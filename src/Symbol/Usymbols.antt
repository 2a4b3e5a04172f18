-- ===== src/Symbol/Usymbols.antt =====
-- internal/symbol/usymbols.go: the searches for the section and for the function of an address in a
-- process. Reading the process's files is left out: a table of sections or symbols is given.
pub mod Last
use jidick.Base.{
  ℕ, zero, suc, ◌+◌, ◌-◌, ltb, leb, ◌==◌, add64, sub64, Bool, true, false, not, ◌&&◌, if◌then◌else◌,
  Option, none, some, List, [], ◌∷◌, length, get_elem?,
}

-- A name is a string, as the list of its characters.
abbrev pub String : Type 0
String = List ℕ

abbrev pub is_empty : String → Bool
is_empty [] = true
is_empty (c ∷ cs) = false

pub data SectionType : Type 0 where
  elftype libtype : SectionType

pub record Symbol : Type 0 where
  pub name : String
  pub start : ℕ
  pub size : ℕ

pub record Section : Type 0 where
  pub name : String
  pub start : ℕ
  pub end : ℕ
  pub sectiontype : SectionType

-- `&section{}`; its type is never looked at, since its name is empty.
abbrev pub no_section : Section
no_section = record { name = []; start = 0; end = 0; sectiontype = elftype }

-- "<unknown>"
abbrev pub unknown : String
unknown = 60 ∷ 117 ∷ 110 ∷ 107 ∷ 110 ∷ 111 ∷ 119 ∷ 110 ∷ 62 ∷ []

-- `sort.Search` for a start above the address, in starts that do not fall: the smallest index where
-- there is one, or the length.
unfoldable pub search_above : ℕ → List ℕ → ℕ
search_above addr [] = 0
search_above addr (s ∷ ss) = if ltb addr s then 0 else suc (search_above addr ss)

abbrev pub symbol_starts : List Symbol → List ℕ
symbol_starts [] = []
symbol_starts (s ∷ ss) = s.start ∷ symbol_starts ss

abbrev pub section_starts : List Section → List ℕ
section_starts [] = []
section_starts (s ∷ ss) = s.start ∷ section_starts ss

-- The test of a section, once it is found.
unfoldable pub check_section : ℕ → Section → Section
check_section addr s =
    if not (is_empty s.name) && leb addr s.end && leb s.start addr then s else no_section

-- `searchSection`, in the sections of the process
unfoldable pub search_section : List Section → ℕ → Section
unfolding search_above check_section
search_section sections addr =
    let index = search_above addr (section_starts sections) in
    if index == length sections
    then no_section
    else if index == 0
    then no_section
    else elim (get_elem? sections (index - 1)) [ none ↦ no_section | some s ↦ check_section addr s ]

-- The test of a symbol, once it is found.
unfoldable pub check_symbol : ℕ → Symbol → String
check_symbol addr s =
    if not (is_empty s.name) && leb s.start addr && ltb addr (add64 s.start s.size)
    then s.name
    else unknown

-- `searchSym`
unfoldable pub search_sym : ℕ → List Symbol → String
search_sym addr symbols =
    let index = search_above addr (symbol_starts symbols) in
    if index == length symbols
    then []
    else if index == 0
    then []
    else elim (get_elem? symbols (index - 1)) [ none ↦ [] | some s ↦ check_symbol addr s ]

-- `ResolveUstack` of a process whose tables are loaded; `libcaches` are the symbols of a library by
-- its path, `none` where they cannot be loaded.
unfoldable pub resolve_ustack :
    List Section → List Symbol → (String → Option (List Symbol)) → ℕ → String
unfolding search_section search_sym
resolve_ustack sections symcaches libcaches addr =
    let sec = search_section sections addr in
    if is_empty sec.name then [] else elim sec.sectiontype [
      | elftype ↦ search_sym addr symcaches
      | libtype ↦ elim (libcaches sec.name) [
        | none ↦ []
        | some symbols ↦ search_sym (sub64 addr sec.start) symbols
      ]
    ]
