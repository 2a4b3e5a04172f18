-- ===== src/Symbol/Usymbols/Last.antt =====
-- What the searches of internal/symbol/usymbols.go find, and what they cannot.
use jidick.Base.{
  ℕ, suc, ◌-◌, ◌≤◌, ◌<◌, ◌≡◌, refl, arith, ltb, leb, ◌==◌, true, false, not, ◌&&◌, add64,
  if◌then◌else◌, List, [], ◌∷◌, ◌++◌, length, get_elem?-length, length-append, All,
}
use jidick.Symbol.Usymbols.{
  Symbol, search_above, symbol_starts, check_symbol, search_sym, is_empty, unknown,
}

-- Every start lies at or below the address.
search_above-none :
    (addr : ℕ) (ss : List Symbol)
    → All (λ s. s.start ≤ addr) ss
    → search_above addr (symbol_starts ss) ≡ length ss
unfolding search_above
search_above-none addr [] h = refl
search_above-none addr (s ∷ ss) h =
    let here : ltb addr s.start ≡ false = ground (arith, h.0) in
    rw (here, search_above-none addr ss h.1) refl

-- No address at or after the start of the last symbol has a name: the search for a start above it
-- comes to the end of the table, where it gives up, although the last symbol may hold the address.
pub search_sym-last :
    (addr : ℕ) (symbols : List Symbol)
    → All (λ s. s.start ≤ addr) symbols
    → search_sym addr symbols ≡ []
unfolding search_sym
search_sym-last addr symbols h =
    let all = search_above-none addr symbols h in
    let same : (search_above addr (symbol_starts symbols) == length symbols) ≡ true =
      rw all (ground arith) in
    rw (same, search_sym) refl

-- The first start above the address is that of the second symbol.
search_above-between :
    (addr : ℕ) (before : List Symbol) (s after : Symbol) (rest : List Symbol)
    → All (λ t. t.start ≤ addr) before
    → s.start ≤ addr
    → addr < after.start
    → search_above addr (symbol_starts (before ++ s ∷ after ∷ rest)) ≡ suc (length before)
unfolding search_above
search_above-between addr [] s after rest h le lt =
    let here : ltb addr s.start ≡ false = ground arith in
    let next : ltb addr after.start ≡ true = ground arith in rw (here, next) refl
search_above-between addr (t ∷ before) s after rest h le lt =
    let here : ltb addr t.start ≡ false = ground (arith, h.0) in
    rw (here, search_above-between addr before s after rest h.1 le lt) refl

-- An address between the start of a symbol and that of the next one has the name of the first,
-- exactly if it has one and its size reaches to the address.
pub search_sym-between :
    (addr : ℕ) (before : List Symbol) (s after : Symbol) (rest : List Symbol)
    → All (λ t. t.start ≤ addr) before
    → s.start ≤ addr
    → addr < after.start
    → search_sym addr (before ++ s ∷ after ∷ rest)
      ≡ (if not (is_empty s.name) && ltb addr (add64 s.start s.size) then s.name else unknown)
unfolding search_sym check_symbol
search_sym-between addr before s after rest h le lt =
    let symbols = before ++ s ∷ after ∷ rest in
    let index = search_above-between addr before s after rest h le lt in
    let more = length-append before (s ∷ after ∷ rest) in
    let inside : (suc (length before) == length symbols) ≡ false = ground arith in
    let here : leb s.start addr ≡ true = ground arith in
    let first : (suc (length before) == 0) ≡ false = ground arith in
    let one : suc (length before) - 1 ≡ length before = omega arith in
    rw
      (
        index,
        search_sym,
        inside,
        first,
        one,
        get_elem?-length before (after ∷ rest) s,
        check_symbol,
        here,
      )
      (ground arith)
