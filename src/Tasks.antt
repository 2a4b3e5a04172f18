-- ===== src/Tasks.antt =====
-- The programs that observe tasks: lockups, hung tasks, the OOM killer, and the CPU profiler.
pub mod Alarms
pub mod AlarmsLimit
pub mod Perf
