-- ===== src/Tasks/Alarms.antt =====
-- bpf/softlockup.c, bpf/oom.c and bpf/hungtask.c: an event for each soft lockup, OOM kill and hung
-- task; the first two behind a limiter that lives in a map.
use jidick.Base.{ℕ, ◌*◌, ◌/◌, ◌^◌, not, ◌==◌, if◌then◌else◌, Option, none, some, List}
use jidick.Kernel.BpfMap.{BpfMap, nat_eq}
use jidick.Kernel.Taint.{taint_flag, softlockup}
use jidick.Kernel.Compat.{compat_cpu_num}
use jidick.Ratelimit.{BpfRatelimit, bpf_ratelimited_core_in_map, in_map_cfg}

-- `TAINT_SOFTLOCKUP` of bpf/include/linux_kernel.h
abbrev pub taint_softlockup : ℕ
taint_softlockup = taint_flag softlockup

-- `BPF_RATELIMIT_IN_MAP(rate, 1, COMPAT_CPU_NUM * 10000, 0)`, in both programs
abbrev pub cfg : BpfRatelimit
cfg = in_map_cfg 1 (compat_cpu_num * 10000) 0

-- `struct softlockup_info`, `struct oom_info` and `struct hungtask_info`
pub record SoftlockupInfo : Type 0 where
  pub cpu : ℕ
  pub pid : ℕ
  pub comm : List ℕ

pub record OomInfo : Type 0 where
  pub trigger_comm : List ℕ
  pub victim_comm : List ℕ
  pub trigger_pid : ℕ
  pub victim_pid : ℕ
  pub trigger_memcg_css : ℕ
  pub victim_memcg_css : ℕ

pub record HungtaskInfo : Type 0 where
  pub pid : ℕ
  pub comm : List ℕ

-- What is read of a `struct task_struct`: its id, name and memory cgroup.
pub record TaskStruct : Type 0 where
  pub pid : ℕ
  pub comm : List ℕ
  pub memory_css : ℕ

-- What a handler leaves and sends: the limiter's map, its notice, and the event.
pub record Outcome (S E : Type 0) : Type 0 where
  pub cell : S
  pub notice : Option BpfRatelimit
  pub event : Option E

module _ {S : Type 0} (map : BpfMap S ℕ BpfRatelimit nat_eq) where
  -- `kprobe_softlockup`; `flag` is the first argument of `add_taint`, `pid_tgid` and `cpu` what the
  -- helpers return, and `task` the current task.
  unfoldable pub kprobe_softlockup :
      (flag pid_tgid cpu : ℕ) → TaskStruct → ℕ → S → Outcome S SoftlockupInfo
  kprobe_softlockup flag pid_tgid cpu task ktime s =
      if not (flag == taint_softlockup)
      then record { cell = s; notice = none; event = none }
      else (let v = bpf_ratelimited_core_in_map map ktime cfg s in
          record {
            cell = v.cell;
            notice = v.notice;
            event =
                if v.limited
                then none
                else some (record { cpu = cpu; pid = pid_tgid / 2 ^ 32; comm = task.comm });
          })

  -- `kprobe_oom_kill_process`; `oc` is the `chosen` task of the `struct oom_control`, or a NULL
  -- pointer to the latter.
  unfoldable pub kprobe_oom_kill_process :
      (oc : Option TaskStruct) → TaskStruct → ℕ → S → Outcome S OomInfo
  kprobe_oom_kill_process oc trigger_task ktime s =
      let v = bpf_ratelimited_core_in_map map ktime cfg s in
      record {
        cell = v.cell;
        notice = v.notice;
        event = if v.limited then none else elim oc [
          | none ↦ none
          | some victim_task ↦ some (record {
            trigger_comm = trigger_task.comm;
            victim_comm = victim_task.comm;
            trigger_pid = trigger_task.pid;
            victim_pid = victim_task.pid;
            trigger_memcg_css = trigger_task.memory_css;
            victim_memcg_css = victim_task.memory_css;
          })
        ];
      }

-- `tracepoint_sched_process_hang`: every hung task is reported.
unfoldable tracepoint_sched_process_hang : (pid : ℕ) → (comm : List ℕ) → Option HungtaskInfo
tracepoint_sched_process_hang pid comm = some (record { pid = pid; comm = comm })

_What you will do_
Wherever a line in the entries holds "inside", copy that line.

_Exercise output_
    let inside : (suc (length before) == length symbols) ≡ false = ground arith in
        inside,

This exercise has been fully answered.